■ Work request:
Each line from the beginning of the data below through the line containing "(d : Dict Symbol) (ss : List Symbol) (s" should be repeated exactly, please.
Supplied records: Begin
-- ===== src/Domain/CodeIndex/Callers.antt =====
-- `callers_of`: the blast radius of a symbol, from the resolved calls into it.
use analysis_engine_service.Prelude.{
  ℕ, String, ◌≡◌, refl, sym, ap, ◌∙◌, subst, ◌↔◌, ◌⊎◌, inl, inr, ◌≢◌, true, false, ◌&&◌, &&-true,
  Option, none, some, List, [], ◌∷◌, ◌==◌, filter, Dict, get, put, values, Elem-values, values-put,
  Elem, All, All-Elem, some_inj, bucket, Bool-cases, Pairwise, Option-cases, Elem-filter,
  Elem-filter_of, eq_iff, arith,
}
use analysis_engine_service.Domain.CodeIndex.{
  Symbol, Edge, RepoIndex, is_calls, put_ids, build, get_symbol, call_sites_of, resolve_all,
  distinct, callers_of,
}
use analysis_engine_service.Domain.CodeIndex.Queries.{
  targets, queries-eq-scans, get_symbol-build, get-put_ids_sound, get-put_ids-none,
}

values-put_ids :
    (d : Dict Symbol) (ss : List Symbol) (s : Symbol)
    → Elem s (values (put_ids d ss))
    → Elem s ss ⊎ Elem s (values d)
unfolding put_ids
values-put_ids d [] s m = inr m
values-put_ids d (x ∷ ss) s m = elim (values-put_ids (put x.symbol_id x d) ss s m) [
  | inl k ↦ inl (inr k)
  | inr k ↦ elim (values-put x.symbol_id x s d k) [ inl e ↦ inl (inl e) | inr k' ↦ inr k' ]
]

distinct-Elem : (ss : List Symbol) (s : Symbol) → Elem s (distinct ss) → Elem s ss
unfolding distinct
distinct-Elem ss s m = elim (values-put_ids [] ss s m) [ inl k ↦ k | inr k ↦ absurd k ]

-- Each id of the list is kept.
Elem-distinct :
    (ss : List Symbol) (s : Symbol)
    → Elem s ss
    → (t : Symbol) × Elem t (distinct ss) × (t.symbol_id ≡ s.symbol_id)
unfolding distinct
Elem-distinct ss s m = elim (Option-cases (get s.symbol_id (put_ids [] ss))) [
  | inl e ↦ absurd (
      All-Elem (λ x. x.symbol_id ≢ s.symbol_id) ss s (get-put_ids-none s.symbol_id [] ss e).0 m
        refl)
  | inr found ↦ let (t, e) = found in (t, Elem-values s.symbol_id (put_ids [] ss) t e, sound t e)
]
  where
    sound : (t : Symbol) → get s.symbol_id (put_ids [] ss) ≡ some t → t.symbol_id ≡ s.symbol_id
    sound t e = elim (get-put_ids_sound s.symbol_id [] ss t e) [ inl r ↦ r.1 | inr n ↦ absurd (cc) ]

module _ (end : Edge → Option String) (d : Dict Symbol) where
  resolve_all-Elem :
      (es : List Edge) (s : Symbol)
      → Elem s (resolve_all end d es)
      → (e : Edge) × (k : String) × Elem e es × (end e ≡ some k) × (get k d ≡ some s)
  unfolding resolve_all
  resolve_all-Elem [] s m = absurd m
  resolve_all-Elem (e ∷ es) s m = step (end e) refl m (resolve_all-Elem es s)
    where
      Found : List Edge → Type 0
      Found es' = (e' : Edge) × (k : String) × Elem e' es' × (end e' ≡ some k) × (get k d ≡ some s)

      later : Found es → Found (e ∷ es)
      later (e', k, m', p, q) = (e', k, inr m', p, q)

      hit :
          (k : String) (o : Option Symbol)
          → get k d ≡ o
          → end e ≡ some k
          → Elem s (elim o [ none ↦ resolve_all end d es | some t ↦ t ∷ resolve_all end d es ])
          → (Elem s (resolve_all end d es) → Found es)
          → Found (e ∷ es)
      hit k none q p m' ih = later (ih m')
      hit k (some t) q p (inl same) ih = (e, k, inl refl, p, q ∙ ap some same)
      hit k (some t) q p (inr m') ih = later (ih m')

      step :
          (o : Option String)
          → end e ≡ o
          → Elem s (elim o [
            | none ↦ resolve_all end d es
            | some k ↦ elim (get k d) [
              | none ↦ resolve_all end d es
              | some t ↦ t ∷ resolve_all end d es
            ]
          ])
          → (Elem s (resolve_all end d es) → Found es)
          → Found (e ∷ es)
      step none p m' ih = later (ih m')
      step (some k) p m' ih = hit k (get k d) refl p m' ih

  Elem-resolve_all :
      (es : List Edge) (e : Edge) (k : String) (s : Symbol)
      → Elem e es
      → end e ≡ some k
      → get k d ≡ some s
      → Elem s (resolve_all end d es)
  unfolding resolve_all
  Elem-resolve_all [] e k s m p q = absurd m
  Elem-resolve_all (x ∷ es) e k s (inl same) p q =
      let p' : end x ≡ some k = ap end same ∙ p in ground arith
  Elem-resolve_all (x ∷ es) e k s (inr m) p q = ground (arith, Elem-resolve_all es e k s m p q)

-- No two symbols of the list have the same id.
abbrev pub HasDistinctIds : List Symbol → Type 0
HasDistinctIds ss = Pairwise (λ a b. a.symbol_id ≢ b.symbol_id) ss

abbrev IsKeyed : Dict Symbol → Type 0
IsKeyed d = All (λ p. p.1.symbol_id ≡ p.0) d × HasDistinctIds (values d)

values-put_ne :
    (k j : String) (v : Symbol) (d : Dict Symbol)
    → v.symbol_id ≢ j
    → All (λ s. j ≢ s.symbol_id) (values d)
    → All (λ s. j ≢ s.symbol_id) (values (put k v d))
values-put_ne k j v [] n h = (λ e. n (sym e), tt)
values-put_ne k j v ((i, w) ∷ d) n h = ground (arith, values-put_ne k j v d)

put-IsKeyed : (s : Symbol) (d : Dict Symbol) → IsKeyed d → IsKeyed (put s.symbol_id s d)
put-IsKeyed s [] h = ((refl, tt), (tt, tt))
put-IsKeyed s ((j, w) ∷ d) h = elim (Bool-cases (j == s.symbol_id)) [
  | inl e ↦ rw e (keyed ((eq_iff j s.symbol_id).0 e))
  | inr e ↦
      let (k, ds) = put-IsKeyed s d (h.0.1, h.1.1) in
      rw e ((h.0.0, k), (values-put_ne s.symbol_id w.symbol_id s d (apart e) h.1.0, ds))
]
  where
    keyed : j ≡ s.symbol_id → IsKeyed ((j, s) ∷ d)
    keyed e = (
      (sym e, h.0.1),
      (subst (λ z. All (λ b. z ≢ b.symbol_id) (values d)) (h.0.0 ∙ e) h.1.0, h.1.1),
    )

    apart : (j == s.symbol_id) ≡ false → s.symbol_id ≢ w.symbol_id
    apart e = ground (arith, h.0.0, eq_iff j s.symbol_id)

put_ids-IsKeyed : (d : Dict Symbol) (ss : List Symbol) → IsKeyed d → IsKeyed (put_ids d ss)
unfolding put_ids
put_ids-IsKeyed d [] h = h
put_ids-IsKeyed d (s ∷ ss) h = put_ids-IsKeyed (put s.symbol_id s d) ss (put-IsKeyed s d h)

distinct-HasDistinctIds : (ss : List Symbol) → HasDistinctIds (distinct ss)
unfolding distinct
distinct-HasDistinctIds ss = (put_ids-IsKeyed [] ss (tt, tt)).1

module _ (symbols : List Symbol) (edges : List Edge) (i f : ℕ) (k : String) where
  -- `c` makes a resolved call to `k`, as the index knows it.
  abbrev pub Calls : Symbol → Type 0
  Calls c =
      (e : Edge) × Elem e edges
      × (is_calls e ≡ true)
      × (targets k e ≡ true)
      × (get_symbol (build symbols edges i f) e.source_symbol_id ≡ some c)

  sites : List Edge
  sites = call_sites_of (build symbols edges i f) k

  Elem-sites : (e : Edge) → Elem e sites → Elem e edges × (is_calls e ≡ true) × (targets k e ≡ true)
  unfolding sites
  Elem-sites e m =
      let scan = (queries-eq-scans symbols edges i f k).3 in
      let (m', h) = Elem-filter (λ x. targets k x && is_calls x) e edges (rw scan at m) in
      let (t, c) = &&-true (targets k e) (is_calls e) h in (m', c, t)

  callers_of-Calls : (c : Symbol) → Elem c (callers_of (build symbols edges i f) k) → Calls c
  unfolding callers_of get_symbol call_sites_of sites
  callers_of-Calls c m =
      let index = build symbols edges i f in
      let (e, j, m', p, q) =
        resolve_all-Elem (λ x. some x.source_symbol_id) index.by_id (call_sites_of index k) c
          (distinct-Elem _ c m) in
      let (m'', is, t) = Elem-sites e m' in (e, m'', is, t, ground arith)

  Calls-callers_of : (c : Symbol) → Calls c → Elem c (callers_of (build symbols edges i f) k)
  unfolding callers_of get_symbol call_sites_of sites
  Calls-callers_of c (e, m, is, t, q) =
      let index = build symbols edges i f in
      let scan = (queries-eq-scans symbols edges i f k).3 in
      let both : (targets k e && is_calls e) ≡ true = ground arith in
      let m' : Elem e (call_sites_of index k) =
        rw scan (Elem-filter_of (λ x. targets k x && is_calls x) e edges m both) in
      let in_all =
        Elem-resolve_all (λ x. some x.source_symbol_id) index.by_id (call_sites_of index k) e
          e.source_symbol_id c m' refl q in
      let (t', m'', same) = Elem-distinct _ c in_all in
      subst (λ z. Elem z (callers_of index k)) (agree t' m'' same) m''
    where
      index' : RepoIndex
      index' = build symbols edges i f

      id_of : (x : Symbol) → Elem x (callers_of index' k) → get_symbol index' x.symbol_id ≡ some x
      id_of x mx =
          let (e', m', is', t', q') = callers_of-Calls x mx in
          subst (λ z. get_symbol index' z ≡ some x)
            (sym ((get_symbol-build symbols edges i f e'.source_symbol_id).0 x q').1) q'

      agree : (x : Symbol) → Elem x (callers_of index' k) → x.symbol_id ≡ c.symbol_id → x ≡ c
      agree x mx same =
          let cid = ((get_symbol-build symbols edges i f e.source_symbol_id).0 c q).1 in
          some_inj x c (sym (id_of x mx) ∙ ap (get_symbol index') (same ∙ cid) ∙ q)

  -- `callers_of` lists exactly the symbols that make a resolved call to `k`, no two with one id.
  pub callers_of_iff :
      ((c : Symbol) → Elem c (callers_of (build symbols edges i f) k) ↔ Calls c)
      × HasDistinctIds (callers_of (build symbols edges i f) k)
  unfolding callers_of
  callers_of_iff = (
    λ c. (callers_of-Calls c, Calls-callers_of c),
    distinct-HasDistinctIds (
        resolve_all (λ e. some e.source_symbol_id) (build symbols edges i f).by_id
          (filter is_calls (bucket k (build symbols edges i f).incoming))),
  )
Supplied records: End
■ Task solution:
-- ===== src/Domain/CodeIndex/Callers.antt =====
-- `callers_of`: the blast radius of a symbol, from the resolved calls into it.
use analysis_engine_service.Prelude.{
  ℕ, String, ◌≡◌, refl, sym, ap, ◌∙◌, subst, ◌↔◌, ◌⊎◌, inl, inr, ◌≢◌, true, false, ◌&&◌, &&-true,
  Option, none, some, List, [], ◌∷◌, ◌==◌, filter, Dict, get, put, values, Elem-values, values-put,
  Elem, All, All-Elem, some_inj, bucket, Bool-cases, Pairwise, Option-cases, Elem-filter,
  Elem-filter_of, eq_iff, arith,
}
use analysis_engine_service.Domain.CodeIndex.{
  Symbol, Edge, RepoIndex, is_calls, put_ids, build, get_symbol, call_sites_of, resolve_all,
  distinct, callers_of,
}
use analysis_engine_service.Domain.CodeIndex.Queries.{
  targets, queries-eq-scans, get_symbol-build, get-put_ids_sound, get-put_ids-none,
}

values-put_ids :
    (d : Dict Symbol) (ss : List Symbol) (s : Symbol)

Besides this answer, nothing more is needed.